WORK ITEM » Could you return the data below exactly as it appears?

[STORED DATA Boundary: Start]

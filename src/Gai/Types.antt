-- ===== src/Gai/Types.antt =====
-- libgai/addrinfo.h, libgai/gai_hdr.h: the structures and constants, and what the library calls.
use unpv13e.Base.{
  ℕ, ◌/◌, ◌%◌, List, [], ◌∷◌, Bool, true, false, not, ◌&&◌, ◌||◌, Option, none, some, ◌==◌, leb,
}

-- The bytes of a string in front of its null.
abbrev pub Str : Type 0
Str = List ℕ

-- Constants of the system's headers. Only their being different matters.
abbrev pub af_unspec : ℕ
af_unspec = 0

abbrev pub af_local : ℕ
af_local = 1

abbrev pub af_inet : ℕ
af_inet = 2

abbrev pub af_inet6 : ℕ
af_inet6 = 10

abbrev pub sock_stream : ℕ
sock_stream = 1

abbrev pub sock_dgram : ℕ
sock_dgram = 2

abbrev pub sock_raw : ℕ
sock_raw = 3

-- `sizeof` of `sun_path` and of the three socket address structures.
abbrev pub sun_path_size : ℕ
sun_path_size = 108

abbrev pub sockaddr_in_size : ℕ
sockaddr_in_size = 16

abbrev pub sockaddr_in6_size : ℕ
sockaddr_in6_size = 28

abbrev pub sockaddr_un_size : ℕ
sockaddr_un_size = 110

-- Flags are the bit pattern of an `int`: AI_PASSIVE is bit 0, AI_CANONNAME bit 1, AI_CLONE bit 2.
abbrev pub ai_clone : ℕ
ai_clone = 4

abbrev pub has_passive : ℕ → Bool
has_passive flags = flags % 2 == 1

abbrev pub has_canonname : ℕ → Bool
has_canonname flags = flags / 2 % 2 == 1

abbrev pub has_clone : ℕ → Bool
has_clone flags = flags / 4 % 2 == 1

-- `flags & ~(AI_PASSIVE | AI_CANONNAME)`
abbrev pub has_unknown : ℕ → Bool
has_unknown flags = not (flags / 4 == 0)

abbrev pub eai_addrfamily : ℕ
eai_addrfamily = 1

abbrev pub eai_again : ℕ
eai_again = 2

abbrev pub eai_badflags : ℕ
eai_badflags = 3

abbrev pub eai_fail : ℕ
eai_fail = 4

abbrev pub eai_family : ℕ
eai_family = 5

abbrev pub eai_memory : ℕ
eai_memory = 6

abbrev pub eai_nodata : ℕ
eai_nodata = 7

abbrev pub eai_noname : ℕ
eai_noname = 8

abbrev pub eai_service : ℕ
eai_service = 9

abbrev pub eai_socktype : ℕ
eai_socktype = 10

abbrev pub eai_system : ℕ
eai_system = 11

-- A socket address structure; a port is in network byte order.
pub data Sockaddr : Type 0 where
  sin : Str → ℕ → Sockaddr
  sin6 : Str → ℕ → Sockaddr
  sun : Str → Sockaddr

-- `struct addrinfo`, without the link: a list of these is the chain of `ai_next`.
pub record Addrinfo : Type 0 where
  pub flags : ℕ
  pub family : ℕ
  pub socktype : ℕ
  pub protocol : ℕ
  pub addrlen : ℕ
  pub canonname : Option Str
  pub addr : Option Sockaddr

-- The members of the hints that are read.
pub record Hints : Type 0 where
  pub flags : ℕ
  pub family : ℕ
  pub socktype : ℕ
  pub protocol : ℕ

-- `struct search`
pub record Search : Type 0 where
  pub host : Str
  pub family : ℕ

-- What the allocations to come answer (all succeed when the list is over), and the paths unlinked.
pub record World : Type 0 where
  pub answers : List Bool
  pub unlinked : List Str

abbrev pub alloc : World → Bool × World
alloc w = elim w.answers [ [] ↦ (true, w) | b ∷ bs ↦ (b, record w { answers = bs }) ]

-- `s == NULL || s[0] == '\0'`
abbrev pub is_blank : Option Str → Bool
is_blank none = true
is_blank (some []) = true
is_blank (some (c ∷ s)) = false

abbrev pub is_digit : ℕ → Bool
is_digit c = leb b'0' c && leb c b'9'

abbrev pub is_xdigit : ℕ → Bool
is_xdigit c = is_digit c || (leb b'a' c && leb c b'f') || (leb b'A' c && leb c b'F')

[STORED DATA Boundary: End]

RESULT OF THE EXERCISE »
filename src/Gai/Types.antt
-- ===== src/Gai/Types.antt =====
-- libgai/addrinfo.h, libgai/gai_hdr.h: the structures and constants, and what the library calls.
use unpv13e.Base.{
  ℕ, ◌/◌, ◌%◌, List, [], ◌∷◌, Bool, true, false, not, ◌&&◌, ◌||◌, Option, none, some, ◌==◌, leb,
}

-- The bytes of a string in front of its null.
abbrev pub Str : Type 0
Str = List ℕ

-- Constants of the system's headers. Only their being different matters.
abbrev pub af_unspec : ℕ
af_unspec = 0

abbrev pub af_local : ℕ
af_local = 1

abbrev pub af_inet : ℕ
af_inet = 2

abbrev pub af_inet6 : ℕ
af_inet6 = 10

abbrev pub sock_stream : ℕ
sock_stream = 1

abbrev pub sock_dgram : ℕ
sock_dgram = 2

abbrev pub sock_raw : ℕ
sock_raw = 3

-- `sizeof` of `sun_path` and of the three socket address structures.
abbrev pub sun_path_size : ℕ
sun_path_size = 108

abbrev pub sockaddr_in_size : ℕ
sockaddr_in_size = 16

abbrev pub sockaddr_in6_size : ℕ
sockaddr_in6_size = 28

abbrev pub sockaddr_un_size : ℕ
sockaddr_un_size = 110

-- Flags are the bit pattern of an `int`: AI_PASSIVE is bit 0, AI_CANONNAME bit 1, AI_CLONE bit 2.
abbrev pub ai_clone : ℕ
ai_clone = 4

abbrev pub has_passive : ℕ → Bool
has_passive flags = flags % 2 == 1

abbrev pub has_canonname : ℕ → Bool
has_canonname flags = flags / 2 % 2 == 1

abbrev pub has_clone : ℕ → Bool
has_clone flags = flags / 4 % 2 == 1

-- `flags & ~(AI_PASSIVE | AI_CANONNAME)`
abbrev pub has_unknown : ℕ → Bool
has_unknown flags = not (flags / 4 == 0)

abbrev pub eai_addrfamily : ℕ
eai_addrfamily = 1

abbrev pub eai_again : ℕ
eai_again = 2

abbrev pub eai_badflags : ℕ
eai_badflags = 3

abbrev pub eai_fail : ℕ
eai_fail = 4

abbrev pub eai_family : ℕ
eai_family = 5

abbrev pub eai_memory : ℕ
eai_memory = 6

abbrev pub eai_nodata : ℕ
eai_nodata = 7

abbrev pub eai_noname : ℕ
eai_noname = 8

abbrev pub eai_service : ℕ
eai_service = 9

abbrev pub eai_socktype : ℕ
eai_socktype = 10

abbrev pub eai_system : ℕ
eai_system = 11

-- A socket address structure; a port is in network byte order.
pub data Sockaddr : Type 0 where
  sin : Str → ℕ → Sockaddr
  sin6 : Str → ℕ → Sockaddr
  sun : Str → Sockaddr

-- `struct addrinfo`, without the link: a list of these is the chain of `ai_next`.
pub record Addrinfo : Type 0 where
  pub flags : ℕ
  pub family : ℕ
  pub socktype : ℕ
  pub protocol : ℕ
  pub addrlen : ℕ
  pub canonname : Option Str
  pub addr : Option Sockaddr

-- The members of the hints that are read.
pub record Hints : Type 0 where
  pub flags : ℕ
  pub family : ℕ
  pub socktype : ℕ
  pub protocol : ℕ

-- `struct search`
pub record Search : Type 0 where
  pub host : Str
  pub family : ℕ

-- What the allocations to come answer (all succeed when the list is over), and the paths unlinked.
pub record World : Type 0 where
  pub answers : List Bool
  pub unlinked : List Str

abbrev pub alloc : World → Bool × World
alloc w = elim w.answers [ [] ↦ (true, w) | b ∷ bs ↦ (b, record w { answers = bs }) ]

-- `s == NULL || s[0] == '\0'`
abbrev pub is_blank : Option Str → Bool
is_blank none = true
is_blank (some []) = true
is_blank (some (c ∷ s)) = false

abbrev pub is_digit : ℕ → Bool
is_digit c = leb b'0' c && leb c b'9'

abbrev pub is_xdigit : ℕ → Bool
is_xdigit c = is_digit c || (leb b'a' c && leb c b'f') || (leb b'A' c && leb c b'F')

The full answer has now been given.